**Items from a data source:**
********

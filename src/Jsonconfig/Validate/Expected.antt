-- ===== src/Jsonconfig/Validate/Expected.antt =====
-- jsonconfig/jsonconfig.go: what the accessors and Validate are to complain of, said of the decoded
-- object alone.
use go.Common.{
  ℕ, suc, ◌+◌, ◌≡◌, refl, sym, ap, ◌∙◌, arith, Bool, true, false, not, List, [], ◌∷◌, ◌++◌, map,
  Option, none, some, if◌then◌else◌, Bool-cases, ◌⊎◌, inl, inr, ◌==◌,
}
use go.Jsonconfig.{
  null, boolean, number, text, items, object, Items, no_items, item, ConfigErr, missing, wrong_type,
  bad_boolean, bad_item, Slot, json, Obj, get, same_key,
}
use go.Jsonconfig.Access.{strings_from}
use go.Jsonconfig.Validate.Whole.{as_list}
use go.Jsonconfig.Validate.{contains, has_underscore, unknown_from}

-- A call of an accessor: with its key, and with whether it is optional, its default, or neither.
pub data Request : Type 0 where
  asks_object : List ℕ → Bool → Request
  asks_string : List ℕ → Option (List ℕ) → Request
  asks_string_or_object : List ℕ → Bool → Request
  asks_bool : List ℕ → Option Bool → Request
  asks_int : List ℕ → Option ℕ → Request
  asks_list : List ℕ → Bool → Request

abbrev pub key_of : Request → List ℕ
key_of (asks_object k optional) = k
key_of (asks_string k default) = k
key_of (asks_string_or_object k required) = k
key_of (asks_bool k default) = k
key_of (asks_int k default) = k
key_of (asks_list k required) = k

abbrev lacks {ℓ} : {A : Type ℓ} → Option A → Bool
lacks none = true
lacks (some d) = false

-- Whether the key must be there.
abbrev pub is_needed : Request → Bool
is_needed (asks_object k optional) = not optional
is_needed (asks_string k default) = lacks default
is_needed (asks_string_or_object k required) = required
is_needed (asks_bool k default) = lacks default
is_needed (asks_int k default) = lacks default
is_needed (asks_list k required) = required

-- Whether all items are strings, and how many are before the first that is not.
abbrev pub all_texts : Items → Bool
all_texts no_items = true
all_texts (item (text s) rest) = all_texts rest
all_texts (item v rest) = false

abbrev pub leading_texts : Items → ℕ
leading_texts no_items = 0
leading_texts (item (text s) rest) = suc (leading_texts rest)
leading_texts (item v rest) = 0

abbrev pub is_parsed : Option Bool → Bool
is_parsed none = false
is_parsed (some b) = true

module _ (parse_bool : List ℕ → Option Bool) where
  -- Whether a value is of the kind that the accessor asks for.
  abbrev pub accepts : Request → Slot → Bool
  accepts (asks_object k o) (json (object m)) = true
  accepts (asks_string k d) (json (text s)) = true
  accepts (asks_string_or_object k r) (json (object m)) = true
  accepts (asks_string_or_object k r) (json (text s)) = true
  accepts (asks_bool k d) (json (boolean b)) = true
  accepts (asks_bool k d) (json (text s)) = is_parsed (parse_bool s)
  accepts (asks_int k d) (json (number f)) = true
  accepts (asks_list k r) (json (items eil)) = all_texts eil
  accepts r s = false

  -- The complaint of a value that it does not accept.
  abbrev pub complaint : Request → Slot → ConfigErr
  complaint (asks_bool k d) (json (text s)) = bad_boolean k
  complaint (asks_list k r) (json (items eil)) = bad_item k (leading_texts eil)
  complaint r s = wrong_type (key_of r)

  abbrev pub expected : Request → Option Slot → Option ConfigErr
  expected r none = if is_needed r then some (missing (key_of r)) else none
  expected r (some s) = if accepts r s then none else some (complaint r s)

  -- One for each call, in the order of the calls.
  abbrev pub expected_all : List Request → Obj → List ConfigErr
  expected_all [] jc = []
  expected_all (r ∷ rs) jc = as_list (expected r (get jc (key_of r))) ++ expected_all rs jc

pub strings_from_lem :
    (k : List ℕ) (i : ℕ) (sl : List (List ℕ)) (eil : Items)
    → (strings_from k i sl eil).err
      ≡ (if all_texts eil then none else some (bad_item k (i + leading_texts eil)))
unfolding strings_from
strings_from_lem k i sl no_items = refl
strings_from_lem k i sl (item null rest) = ap (λ n. some (bad_item k n)) (omega arith)
strings_from_lem k i sl (item (boolean b) rest) = ap (λ n. some (bad_item k n)) (omega arith)
strings_from_lem k i sl (item (number f) rest) = ap (λ n. some (bad_item k n)) (omega arith)
strings_from_lem k i sl (item (items l) rest) = ap (λ n. some (bad_item k n)) (omega arith)
strings_from_lem k i sl (item (object m) rest) = ap (λ n. some (bad_item k n)) (omega arith)
strings_from_lem k i sl (item (text s) rest) =
    let same : i + 1 + leading_texts rest ≡ i + suc (leading_texts rest) = omega arith in
    strings_from_lem k (i + 1) _ rest
    ∙ ap (λ n. if all_texts rest then none else some (bad_item k n)) same

-- Some accessor was asked for a key.
abbrev pub IsAsked : List Request → List ℕ → Type 0
IsAsked [] k = ⊥
IsAsked (r ∷ rs) k = (key_of r ≡ k) ⊎ IsAsked rs k

abbrev pub StartsUnderscore : List ℕ → Type 0
StartsUnderscore k = (rest : List ℕ) × (k ≡ 95 ∷ rest)

-- The keys of an object that were not asked for and do not begin with an underscore, in order.
pub data Unasked (rs : List Request) : Obj → List (List ℕ) → Type 0 where
  done : Unasked rs [] []
  passed :
      {k : List ℕ} {s : Slot} {jc : Obj} {us : List (List ℕ)}
      → IsAsked rs k ⊎ StartsUnderscore k
      → Unasked rs jc us
      → Unasked rs (record { key = k; slot = s } ∷ jc) us
  listed :
      {k : List ℕ} {s : Slot} {jc : Obj} {us : List (List ℕ)}
      → ¬ IsAsked rs k
      → ¬ StartsUnderscore k
      → Unasked rs jc us
      → Unasked rs (record { key = k; slot = s } ∷ jc) (k ∷ us)

same_key→≡ : (a b : List ℕ) → same_key a b ≡ true → a ≡ b
same_key→≡ [] [] e = refl
same_key→≡ [] (b ∷ bs) e = absurd (ground (arith, e))
same_key→≡ (a ∷ cs) [] e = absurd (ground (arith, e))
same_key→≡ (a ∷ cs) (b ∷ bs) e = elim (Bool-cases (a == b)) [
  | inl same ↦
      let here : a ≡ b = ground (arith, same) in
      ap (λ t. t ∷ cs) here ∙ ap (λ t. b ∷ t) (same_key→≡ cs bs (ground (arith, same, e)))
  | inr other ↦ absurd (ground (arith, other, e))
]

same_key_refl : (a : List ℕ) → same_key a a ≡ true
same_key_refl [] = refl
same_key_refl (a ∷ cs) = let same : (a == a) ≡ true = ground arith in rw same (same_key_refl cs)

contains→IsAsked :
    (rs : List Request) (k : List ℕ) → contains (map key_of rs) k ≡ true → IsAsked rs k
contains→IsAsked [] k e = absurd (ground (arith, e))
contains→IsAsked (r ∷ rs) k e = elim (Bool-cases (same_key (key_of r) k)) [
  | inl same ↦ inl (same_key→≡ (key_of r) k same)
  | inr other ↦ inr (contains→IsAsked rs k (ground (arith, other, e)))
]

IsAsked→contains :
    (rs : List Request) (k : List ℕ) → IsAsked rs k → contains (map key_of rs) k ≡ true
IsAsked→contains [] k h = absurd h
IsAsked→contains (r ∷ rs) k (inl e) =
    let same : same_key (key_of r) k ≡ true =
      ap (same_key (key_of r)) (sym e) ∙ same_key_refl (key_of r) in
    rw same refl
IsAsked→contains (r ∷ rs) k (inr h) =
    let later = IsAsked→contains rs k h in
    elim (Bool-cases (same_key (key_of r) k)) [
      | inl same ↦ rw same refl
      | inr other ↦ rw (other, later) refl
    ]

has_underscore→StartsUnderscore : (k : List ℕ) → has_underscore k ≡ true → StartsUnderscore k
has_underscore→StartsUnderscore [] e = absurd (ground (arith, e))
has_underscore→StartsUnderscore (b ∷ k) e =
    let first : b ≡ 95 = ground (arith, e) in (k, ap (λ c. c ∷ k) first)

-- UnknownKeys lists the keys that were not asked for.
pub unknown_from-Unasked :
    (rs : List Request) (jc : Obj) → Unasked rs jc (unknown_from (map key_of rs) jc)
unknown_from-Unasked rs [] = done
unknown_from-Unasked rs (e ∷ jc) =
    let later = unknown_from-Unasked rs jc in
    elim (Bool-cases (contains (map key_of rs) (e.key))) [
      | inl asked ↦ rw asked (passed (inl (contains→IsAsked rs (e.key) asked)) later)
      | inr other ↦ elim (Bool-cases (has_underscore (e.key))) [
        | inl under ↦
            rw (other, under) (passed (inr (has_underscore→StartsUnderscore (e.key) under)) later)
        | inr plain ↦
            rw (other, plain)
              (listed (λ h. let t = IsAsked→contains rs (e.key) h in ground (arith, t, other))
                (λ h. let t = ap has_underscore h.1 in ground (arith, t, plain)) later)
      ]
    ]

********

**TASK TO CARRY OUT:** From the data above, gather every line that includes the word "absurd".

**WORKED SOLUTION:**
same_key→≡ [] (b ∷ bs) e = absurd (ground (arith, e))
same_key→≡ (a ∷ cs) [] e = absurd (ground (arith, e))
  | inr other ↦ absurd (ground (arith, other, e))
contains→IsAsked [] k e = absurd (ground (arith, e))
IsAsked→contains [] k h = absurd h
has_underscore→StartsUnderscore [] e = absurd (ground (arith, e))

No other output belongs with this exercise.